Show Abstract | Download Original | Original Source | Check in Google Scholar | DOI: 10.62527/joiv.9.5.2919

Abstract

Artificial Intelligence and agriculture have been combined to create significant advancements in smart agricultural analysis that have improved both output and quality. This approach has completely changed conventional farming operations by utilizing image processing technologies. To assess the dryness levels of red chili peppers—a crucial component of crop quality and market value—the study set out to compare the efficacy of several CNN architectures.
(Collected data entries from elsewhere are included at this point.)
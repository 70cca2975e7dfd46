-- ===== src/Bitcask/Kept.antt =====
-- bitcask/main.go: what an action leaves alone. Entries that lie below the write offset of the
-- active file, or in another file, are read back unchanged after it.
use design_pocs.Common.{
  ℕ, ◌+◌, ◌≤◌, ◌<◌, ◌≡◌, ◌⊎◌, inl, inr, Bool, true, false, Bool-cases, Option, Option-cases, none,
  some, List, [], arith, Bytes, length, take, lookup, insert, lookup-insert, lookup-insert_self,
  read_at, read_at-write_at_before, leb, ◌==◌, if◌then◌else◌,
}
use design_pocs.Bitcask.Record.{encode_entry}
use design_pocs.Bitcask.Store.{
  land, put_flag, PutError, open_failed, invalid_handle, FilePath, data_file, merge_data,
  merge_hint, path_eq, path_eq_iff, path_key, BitCask, Action, ◌>>◌, PutIo, WriteOutcome, wrote,
  failed, short, create, open_file, file_of, write_file, active_path, ensure_open, write_entry,
  index_entry, rotate,
}

-- Every handle is that of the path it is filed under.
pub record Handles (s : BitCask) : Type 0 where
  pub named : (p h : FilePath) → lookup p s.file_ptrs ≡ some h → h ≡ p

-- The bytes of a file up to `end` are never written again.
abbrev pub SettledAt : FilePath → ℕ → ℕ → ℕ → Type 0
SettledAt (data_file n) end cnt offset = (n < cnt) ⊎ ((n ≡ cnt) × (end ≤ offset))
SettledAt (merge_data n) end cnt offset = Unit {0}
SettledAt (merge_hint n) end cnt offset = Unit {0}

abbrev pub Settled : FilePath → ℕ → BitCask → Type 0
Settled p end s = SettledAt p end s.file_cnt s.curr_offset

pub record Kept (s t : BitCask) : Type 0 where
  pub opened : (p : FilePath) → lookup p s.file_ptrs ≡ some p → lookup p t.file_ptrs ≡ some p
  pub settled : (p : FilePath) (end : ℕ) → Settled p end s → Settled p end t
  pub content :
      (p : FilePath) (o n : ℕ) (x : Bytes)
      → Settled p (o + n) s
      → read_at (file_of p s.disk) o n ≡ some x
      → read_at (file_of p t.disk) o n ≡ some x

pub Kept-refl : (s : BitCask) → Kept s s
Kept-refl s = record { opened = λ p h. h; settled = λ p end h. h; content = λ p o n x h r. r }

pub Kept-trans : {s t u : BitCask} → Kept s t → Kept t u → Kept s u
Kept-trans f g = record {
  opened = λ p h. g.opened p (f.opened p h);
  settled = λ p end h. g.settled p end (f.settled p end h);
  content = λ p o n x h r. g.content p o n x (f.settled p (o + n) h) (f.content p o n x h r);
}

-- An action that keeps the handles right and the settled bytes.
pub record Keeps (m : Action) : Type 0 where
  pub at : (s : BitCask) → Handles s → Kept s (m s).0 × Handles (m s).0

pub Keeps-seq : (m k : Action) → Keeps m → Keeps k → Keeps (m >> k)
Keeps-seq m k km kk = record {
  at = λ s h.
      let (kept, handles) = km.at s h in
      elim (Option-cases (m s).1) [
        | inl fine ↦
            let (kept', handles') = kk.at (m s).0 handles in
            rw (fine, ◌>>◌) (Kept-trans kept kept', handles')
        | inr (e, error) ↦ rw (error, ◌>>◌) (kept, handles)
      ];
}

pub file_of-create :
    (p q : FilePath) (disk : List (FilePath × Bytes)) → file_of p (create q disk) ≡ file_of p disk
unfolding create
file_of-create p q disk = ground (arith, lookup-insert q p [] disk, path_eq_iff q p)

open_file-Kept : (q : FilePath) (s : BitCask) → Kept s (open_file q s)
open_file-Kept q s = record {
  opened = λ p h. ground (arith, lookup-insert q p q s.file_ptrs, path_eq_iff q p);
  settled = λ p end h. h;
  content = λ p o n x h r. rw file_of-create r;
}

open_file-Handles : (q : FilePath) (s : BitCask) → Handles s → Handles (open_file q s)
open_file-Handles q s h = record {
  named = λ p g e. ground (arith, lookup-insert q p q s.file_ptrs, path_eq_iff q p, h.named p g);
}

file_of-insert :
    (p q : FilePath) (b : Bytes) (disk : List (FilePath × Bytes))
    → file_of p (insert q b disk) ≡ (if path_eq q p then b else file_of p disk)
file_of-insert p q b disk = ground (arith, lookup-insert q p b disk)

pub file_of-insert_self :
    (p : FilePath) (b : Bytes) (disk : List (FilePath × Bytes)) → file_of p (insert p b disk) ≡ b
file_of-insert_self p b disk = ground (arith, lookup-insert_self p b disk)

settled_active :
    (p : FilePath) (end cnt offset : ℕ)
    → SettledAt p end cnt offset
    → path_eq (data_file cnt) p ≡ true
    → end ≤ offset
unfolding path_eq
settled_active (data_file n) end cnt offset h e = ground arith
settled_active (merge_data n) end cnt offset h e = cc
settled_active (merge_hint n) end cnt offset h e = cc

-- A write at the offset of the active file.
write_file-Kept : (b : Bytes) (s : BitCask) → Kept s (write_file (active_path s) s.curr_offset b s)
write_file-Kept b s = record {
  opened = λ p h. h;
  settled = λ p end h. h;
  content = λ p o n x h r. elim (Bool-cases (path_eq (active_path s) p)) [
    | inl here ↦
        let same : active_path s ≡ p = (path_eq_iff (active_path s) p).0 here in
        rw (file_of-insert, here)
          (rw same (
            read_at-write_at_before (file_of p s.disk) o n s.curr_offset b x
              (settled_active p (o + n) s.file_cnt s.curr_offset h here) r))
    | inr elsewhere ↦ rw (file_of-insert, elsewhere) r
  ];
}

write_file-Handles :
    (p : FilePath) (o : ℕ) (b : Bytes) (s : BitCask) → Handles s → Handles (write_file p o b s)
write_file-Handles p o b s h = record { named = h.named }

-- A result of an action that starts at `s`.
abbrev Good : BitCask → BitCask × Option PutError → Type 0
Good s r = Kept s r.0 × Handles r.0

Good-if :
    (s : BitCask) (b : Bool) (x y : BitCask × Option PutError)
    → Good s x
    → Good s y
    → Good s (if b then x else y)
Good-if s true x y gx gy = gx
Good-if s false x y gx gy = gy

Good-unchanged : (s : BitCask) (r : Option PutError) → Handles s → Good s (s, r)
Good-unchanged s r h = (Kept-refl s, h)

pub ensure_open-Keeps : (io : PutIo) → Keeps (ensure_open io)
unfolding ensure_open
ensure_open-Keeps io = record {
  at = λ s h.
      Good-if s (length s.file_ptrs == 0) _ _
        (Good-if s io.open_active _ _
          (open_file-Kept (active_path s) s, open_file-Handles (active_path s) s h)
          (Good-unchanged s (some open_failed) h))
        (Good-unchanged s none h);
}

land-Good :
    (w : WriteOutcome) (buf : Bytes) (s : BitCask)
    → Handles s
    → Good s (land w (active_path s) buf s)
unfolding land
land-Good wrote buf s h = (write_file-Kept buf s, write_file-Handles _ _ buf s h)
land-Good (failed n) buf s h =
    (write_file-Kept (take n buf) s, write_file-Handles _ _ (take n buf) s h)
land-Good (short n) buf s h =
    (write_file-Kept (take n buf) s, write_file-Handles _ _ (take n buf) s h)

pub write_entry-Keeps : (buf : Bytes) (io : PutIo) → Keeps (write_entry buf io)
unfolding write_entry
write_entry-Keeps buf io = record {
  at = λ s h. elim (Option-cases (lookup (active_path s) s.file_ptrs)) [
    | inl nil_handle ↦ rw (nil_handle, write_entry) (Good-unchanged s (some invalid_handle) h)
    | inr (handle, found) ↦
        rw (found, write_entry)
          (rw (h.named (active_path s) handle found) (land-Good io.write buf s h))
  ];
}

SettledAt-mono :
    (p : FilePath) (end cnt offset more : ℕ)
    → SettledAt p end cnt offset
    → SettledAt p end cnt (offset + more)
SettledAt-mono (data_file n) end cnt offset more h = omega arith
SettledAt-mono (merge_data n) end cnt offset more h = h
SettledAt-mono (merge_hint n) end cnt offset more h = h

SettledAt-next :
    (p : FilePath) (end cnt offset offset' : ℕ)
    → SettledAt p end cnt offset
    → SettledAt p end (cnt + 1) offset'
SettledAt-next (data_file n) end cnt offset offset' h = omega arith
SettledAt-next (merge_data n) end cnt offset offset' h = h
SettledAt-next (merge_hint n) end cnt offset offset' h = h

pub index_entry-Keeps : (key value : Bytes) (flag : ℕ) → Keeps (index_entry key value flag)
unfolding index_entry
index_entry-Keeps key value flag = record {
  at = λ s h. (
    record {
      opened = λ p e. e;
      settled = λ p end e. SettledAt-mono p end s.file_cnt s.curr_offset _ e;
      content = λ p o n x e r. r;
    },
    record { named = h.named },
  );
}

pub rotate-Keeps : (io : PutIo) → Keeps (rotate io)
unfolding rotate
rotate-Keeps io = record {
  at = λ s h.
      let next : BitCask = record s { file_cnt = s.file_cnt + 1 } in
      let path = active_path next in
      Good-if s (leb s.max_file_size_bytes s.curr_offset) _ _
        (Good-if s io.open_next _ _
          (
            record {
              opened = (open_file-Kept path next).opened;
              settled = λ p end e. SettledAt-next p end s.file_cnt s.curr_offset 0 e;
              content = λ p o n x e r.
                  (open_file-Kept path next).content p o n x
                    (SettledAt-next p (o + n) s.file_cnt s.curr_offset s.curr_offset e) r;
            },
            record { named = (open_file-Handles path next (record { named = h.named })).named },
          )
          (
            record {
              opened = λ p e. e;
              settled = λ p end e. SettledAt-next p end s.file_cnt s.curr_offset s.curr_offset e;
              content = λ p o n x e r. r;
            },
            record { named = h.named },
          ))
        (Good-unchanged s none h);
}

-- The whole of `put`, whatever the system answers.
pub put_flag-Keeps :
    (key value : Bytes) (flag : ℕ) (io : PutIo) → Keeps (put_flag key value flag io)
unfolding put_flag
put_flag-Keeps key value flag io = Keeps-seq _ _ (ensure_open-Keeps io) (
    Keeps-seq _ _ (write_entry-Keeps (encode_entry io.now key value flag) io)
      (Keeps-seq _ _ (index_entry-Keeps key value flag) (rotate-Keeps io)))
A dataset with 600 training images and 150 testing images spread over three classes was used to evaluate four CNN models (MobileNetV2, DenseNet121, InceptionV3, NASNetMobile). With a validation accuracy of 99%, DenseNet121 outperformed MobileNetV2 (which had a validation accuracy of 97%). The findings demonstrate how deep learning models can improve sorting procedures for agriculture by increasing accuracy and productivity. A scalable, impartial, and economical way to uphold crop standards and promote industry sustainability is by incorporating CNNs into the classification of agricultural products. The results of this study represent a breakthrough in the application of deep learning to agriculture, opening the door to automated systems that guarantee constant product quality. By optimizing yield and quality through image processing technology, the findings highlight the revolutionary influence of AI in smart agriculture. To increase production and improve competitiveness in the market, future research efforts may focus on developing automated sorting systems and further enhancing CNN models for agricultural applications. The research adds to the increasing corpus of work using AI in agriculture to enhance crop management and quality control.